I nodded but still felt as isolated as a lost ship at sea. The night had become as intimate as a knife fight -- and about as friendly.

New Orleans was a city of the dead and the dying and not much else. The stink of death was thick in the air. Dead creatures still floated down the streets and over the sidewalks. Bloated-bellied dogs, cats, rats, and even one dead drug addict, finally at peace.

I spotted one death-swollen deer as I waded beside a strangely silent Renfield. Flattened birds were feathered pancakes on some club fronts we passed.

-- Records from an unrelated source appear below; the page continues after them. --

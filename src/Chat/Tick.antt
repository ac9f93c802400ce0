-- ===== src/Chat/Tick.antt =====
-- The loop of `main` in MP4/server_main.cpp: the events that `select` reports, and the work that is
-- done after them in each round.
use ntu_sp17fall.Base.{
  ℕ, Bool, true, List, [], ◌∷◌, ◌++◌, Option, none, some, ◌==◌, if◌then◌else◌, Text,
}
use ntu_sp17fall.Chat.{Server, Process, Boss, Client, update_client}
use ntu_sp17fall.Chat.Pool.{assign_all, receive_from_child, init_process}
use ntu_sp17fall.Chat.Message.{Request, on_data, on_close}
use ntu_sp17fall.Chat.Judge.{judge_answer}

-- An empty waiting list takes the oldest client that wants a match: the new waiting list and
-- `try_list`.
unfoldable pub fill : List ℕ → List ℕ → List ℕ × List ℕ
fill [] (fd ∷ rest) = (fd ∷ [], rest)
fill [] [] = ([], [])
fill (x ∷ xs) tries = (x ∷ xs, tries)

unfoldable pub first_waiting : Server → Server
unfolding fill
first_waiting s =
    let (waiting, tries) = fill s.waiting_list s.try_list in
    record s { waiting_list = waiting; try_list = tries }

-- Without a search under way, the oldest client that wants a match starts one.
unfoldable pub next_search : Server → Server
next_search s = elim s.try_list [
  | [] ↦ s
  | fd ∷ rest ↦ if s.mama.has_job then s else record s {
    try_list = rest;
    mama = record s.mama { need_to_assign_job = true; has_job = true; working_on_fd = some fd };
  }
]

-- `waitpid` for each process: `none` if it runs, else the descriptors and the pid of its successor.
pub record Successor : Type 0 where
  pub input_fd : ℕ
  pub output_fd : ℕ
  pub child : ℕ

unfoldable pub refork : List (Option Successor) → List Process → List Process
refork [] ps = ps
refork (d ∷ ds) [] = []
refork (none ∷ ds) (p ∷ ps) = p ∷ refork ds ps
refork (some c ∷ ds) (p ∷ ps) = init_process c.input_fd c.output_fd c.child p ∷ refork ds ps

unfoldable pub assign_round : Server → Option Server
assign_round s = elim (assign_all s.clients s.waiting_list s.mama s.process_pool) [
  | none ↦ none
  | some (mama, pool, out) ↦
      some (record s { mama = mama; process_pool = pool; sent = s.sent ++ out })
]

-- What a round does behind `select`.
unfoldable pub tick : List (Option Successor) → Server → Option Server
tick deaths s = elim (judge_answer s) [
  | none ↦ none
  | some s₁ ↦
      let s₂ = first_waiting s₁ in
      let s₃ = record s₂ { process_pool = refork deaths s₂.process_pool } in
      assign_round (next_search s₃)
]

-- The result of `recv` on a client's socket.
pub data Received : Type 0 where
  end_of_file failed : Received
  bytes : Text → Received

pub data Event : Type 0 where
  connection : (client_fd : ℕ) → Event
  answer : (fd : ℕ) → Option ℕ → Event
  client : (fd : ℕ) → Received → Event

unfoldable pub answer_from : ℕ → Option ℕ → Boss → List Process → Option (Boss × List Process)
answer_from fd byte mama [] = some (mama, [])
answer_from fd byte mama (p ∷ ps) =
    elim (if p.output_fd == fd then receive_from_child byte mama p else some (mama, p)) [
      | none ↦ none
      | some (mama', p') ↦ elim (answer_from fd byte mama' ps) [
        | none ↦ none
        | some (mama'', ps') ↦ some (mama'', p' ∷ ps')
      ]
    ]

module _ (parse : Text → Option Request) (compile : Client → Bool) where
  unfoldable pub handle : Server → Event → Option Server
  unfolding answer_from
  handle s (connection fd) =
      some
        (record s { clients = update_client s.clients fd (record (s.clients fd) { my_fd = fd }) })
  handle s (answer fd byte) = elim (answer_from fd byte s.mama s.process_pool) [
    | none ↦ none
    | some (mama, pool) ↦ some (record s { mama = mama; process_pool = pool })
  ]
  handle s (client fd end_of_file) = on_close s fd (s.clients fd).status
  handle s (client fd failed) = some s
  handle s (client fd (bytes input)) = on_data parse compile s fd input

  unfoldable pub handle_all : Server → List Event → Option Server
  handle_all s [] = some s
  handle_all s (e ∷ es) = elim (handle s e) [ none ↦ none | some s' ↦ handle_all s' es ]

  -- A round of the loop: the events in the order of their descriptors, then the rest.
  unfoldable pub round : Server → List Event → List (Option Successor) → Option Server
  unfolding handle_all
  round s events deaths = elim (handle_all s events) [ none ↦ none | some s' ↦ tick deaths s' ]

What had Thoreau written? “Our lives revolve unceasingly, but the center is ever the same. And the wise will only regard the seasons of the soul.”

The seasons of the soul.

I looked up into the endless sable depths between the stars. I felt like the wolf staring up into the dark universe, who never learns why he must live like he does. But still he sings to the moon. One lonely spirit to another.

We were almost there, near Rue Burgandy and Rampart Street. The night was still not my friend. Too much recent death had set the night trembling with vengeful, wandering souls.

Spirits, lost and angry, were trudging beside us. Because of Death's blood in my veins, I could see them slowly circling us as they had that night as I walked to the Convention Center.

Their shuffling feet were heavy behind us then grew silent. They flowed inches above the flooded sidewalk until they paced us. I could feel the touch of their sunken, hungry eyes on my throat.

If these dead wanted to drink from the living, they had come to a dry well with me and Renfield.

My face grew tight as I spotted the strangely untouched building in front of us. The fine mist dripping from the brim of my Stetson, I stopped at the elegant house I had been looking for.

We were at the home of the undead Marie Laveau.

Tuesday, August 24, 2010


{“When the fox preaches, look to your geese.

Old German proverb – Marlene Dietrich.}

{You would think sheer terror would be beyond a ghost. Try a day as one, and you’ll find out different.

Samuel Clemens here.

When we last left Roland, he was facing off against the one I wrote of as The Mysterious Stranger.

Back at the nexus between realities, the jazz club called Meilori’s, Roland had just succeeded in totally angering a being whose merest look could kill.

A being who is wearing a copy of Roland’s own body. Let Roland take it from here.}

Meilori’s interior became shimmering and wavy as the heat rising from the desert floor. The nexus had changed our surroundings. Dancers, swaying to the steps of a tango, swirled around us.

On a raised dais that wasn’t there before, a lean, angular Grace Jones was singing “Strange, I’ve Seen That Face Before” in soft muted tones.

Our audience was unchanged though. DayStar turned his back on me, walking to the front rank of his listeners, going from me to them, their eyes getting wider by the second. He kept on speaking.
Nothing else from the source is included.